Intervention de Nicole Belloubet

Réunion du 16 octobre 2018 à 14h30
Programmation 2018-2022 et réforme pour la justice — Article 45

Nicole Belloubet :

Je respecte profondément les différentes positions qui ont été exprimées dans ce débat de fond. Je pense que nous avons la même vision, mais nous divergeons sur les leviers à actionner pour éviter la récidive.

Vous avez dit, monsieur le rapporteur, que la commission était opposée à ce que la loi interdise de prononcer une peine de prison de moins d’un mois, mais il faut en finir avec l’hypocrisie consistant à prononcer des peines qui ne seront pas exécutées : comme vous l’avez souligné, il n’y a que quelque 600 mandats de dépôt pour environ 9 000 peines d’emprisonnement de moins d’un mois prononcées. Reconnaissons que les peines de moins d’un mois ne servent à rien ! Dès lors, il faut trouver d’autres peines qui, elles, seront exécutées et auront une utilité.

Vous avez également dit, monsieur le rapporteur, qu’instaurer une telle interdiction risquait de créer un effet de seuil et que les magistrats pourront toujours la contourner.
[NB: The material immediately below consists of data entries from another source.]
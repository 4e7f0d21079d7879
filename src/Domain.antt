-- ===== src/Domain.antt =====
-- internal/domain: rules that touch no database. This file holds what its parts share.
pub mod Routing
pub mod Accounts
pub mod People
pub mod Signals
pub mod Hours
pub mod Life
use warp_work.Base.{Bool, true, false}
use warp_work.Base.Result.{Result, ok, err}

-- ErrInvalid, by the call of invalidf that makes it; its text is left out.
pub data Invalid : Type 0 where
  bad_match_type bad_match_value bad_assigned_by bad_confidence : Invalid
  bad_color bad_context_name own_parent bad_start bad_end : Invalid
  bad_reliability bad_provider bad_status bad_account_name unofficial_account : Invalid
  bad_person_name bad_handle : Invalid
  bad_kind bad_external_id bad_payload bad_hash bad_occurrence : Invalid

-- What a Valid method returns.
abbrev pub Validity : Type 0
Validity = Result Invalid (Unit {0})

-- The error if the test holds, and what follows otherwise.
abbrev pub refuse_if : Bool → Invalid → Validity → Validity
refuse_if true e rest = err e
refuse_if false e rest = rest

-- if err := ...; err != nil { return err }
abbrev pub and_then : Validity → Validity → Validity
and_then (ok _) rest = rest
and_then (err e) rest = err e
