-- ===== src/Domain/Accounts.antt =====
-- internal/domain/account.go: connected sources of signals.
use warp_work.Base.{
  ℕ, ◌≡◌, ◌↔◌, ◌≢◌, Bool, true, false, Option, [], Text, text_eq, text_eq→≡, arith,
}
use warp_work.Base.Result.{ok, err}
use warp_work.Domain.{
  bad_reliability, bad_provider, bad_status, bad_account_name, unofficial_account, Validity,
  refuse_if, and_then,
}

-- In each of these enums `other` stands for a string that is none of the constants.
pub data Reliability : Type 0 where
  official unofficial manual : Reliability
  other : Text → Reliability

pub data Provider : Type 0 where
  gmail google_calendar google_drive zalo_oa manual : Provider
  other : Text → Provider

pub data AccountStatus : Type 0 where
  connected error disconnected : AccountStatus
  other : Text → AccountStatus

unfoldable pub valid_reliability : Reliability → Validity
valid_reliability (other _) = err bad_reliability
valid_reliability _ = ok tt

-- Reliability.Complete
unfoldable pub complete : Reliability → Bool
complete official = true
complete _ = false

unfoldable pub valid_provider : Provider → Validity
valid_provider (other _) = err bad_provider
valid_provider _ = ok tt

-- Provider.Reliability
unfoldable pub reliability_of : Provider → Reliability
reliability_of (other _) = unofficial
reliability_of manual = manual
reliability_of _ = official

unfoldable pub valid_status : AccountStatus → Validity
valid_status (other _) = err bad_status
valid_status _ = ok tt

pub record Account : Type 0 where
  pub id : ℕ
  pub user_id : ℕ
  pub provider : Provider
  pub reliability : Reliability
  pub display_name : Text
  pub status : AccountStatus
  pub last_sync_at : Option ℕ
  pub last_error : Text

unfoldable pub is_unofficial : Reliability → Bool
is_unofficial unofficial = true
is_unofficial _ = false

-- Account.Valid
unfoldable pub valid_account : Account → Validity
unfolding valid_provider valid_reliability is_unofficial valid_status
valid_account a = refuse_if (text_eq a.display_name []) bad_account_name (
    and_then (valid_provider a.provider) (
      and_then (valid_reliability a.reliability)
        (refuse_if (is_unofficial a.reliability) unofficial_account (valid_status a.status))))

-- Account.Healthy
unfoldable pub healthy : Account → Bool
healthy a = elim a.status [
  | connected ↦ true
  | error ↦ false
  | disconnected ↦ false
  | other _ ↦ false
]

-- An account that has its provider's reliability.
abbrev pub of_provider : Account → Account
of_provider a = record a { reliability = reliability_of a.provider }

pub valid_account-of_provider :
    (a : Account)
    → (valid_account (of_provider a) ≡ ok tt) ↔ (
        (a.display_name ≢ [])
        × (valid_provider a.provider ≡ ok tt)
        × (valid_status a.status ≡ ok tt))
unfolding valid_account reliability_of valid_provider valid_reliability is_unofficial valid_status
valid_account-of_provider a = ground (arith, text_eq→≡ a.display_name [])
J’en suis consciente, mais tout le travail d’accompagnement du texte que nous accomplirons – il a d’ailleurs déjà commencé – visera précisément à donner aux magistrats les outils nécessaires pour bien comprendre la loi et porter une appréciation mesurée sur ses dispositifs.

Vous jugez par ailleurs peu clair le système de seuils – un mois, six mois, un an et au-delà – prévu dans le texte. Je ne suis pas d’accord. En effet, lorsque l’on regarde la réalité des peines prononcées, on constate qu’une scission existe déjà : 90 000 peines d’emprisonnement d’un à six mois sont prononcées chaque année, et 25 000 peines de six mois à un an. C’est pour tenir compte de cette réalité que nous prévoyons des dispositifs différenciés, avec, par principe, une exécution hors établissement de détention pour les peines d’emprisonnement d’une durée inférieure à six mois et des possibilités d’aménagement au-delà de ce seuil.

Au fond, vous ne cessez jamais, monsieur le rapporteur, sauf à propos de la peine de probation, de faire référence à l’emprisonnement ! On a le sentiment, en vous écoutant, que la peine est nécessairement appréciée par rapport à l’emprisonnement. C’est un principe avec lequel j’ai décidé de rompre.

Vous avez dit, enfin, que la DDSE était un moins bon dispositif que le PSE. Je ne partage pas votre avis, précisément parce que la DDSE est une peine autonome comportant ses propres contraintes, son propre suivi, qui pourra être prononcée sans référence à l’emprisonnement, ce qui est extrêmement important.

Je m’étonne d’ailleurs que vous ayez affirmé, au sujet de la probation, que l’on pourrait désormais s’appuyer sur les SPIP pour faire des enquêtes présentencielles, alors que vous avez voté, voilà quelques minutes, contre ma proposition d’instaurer ce dispositif ! Peut-être vous ai-je mal compris, mais il me semble intellectuellement curieux de voter contre une mesure, puis de l’invoquer, quelques instants plus tard, à l’appui d’une de vos propositions.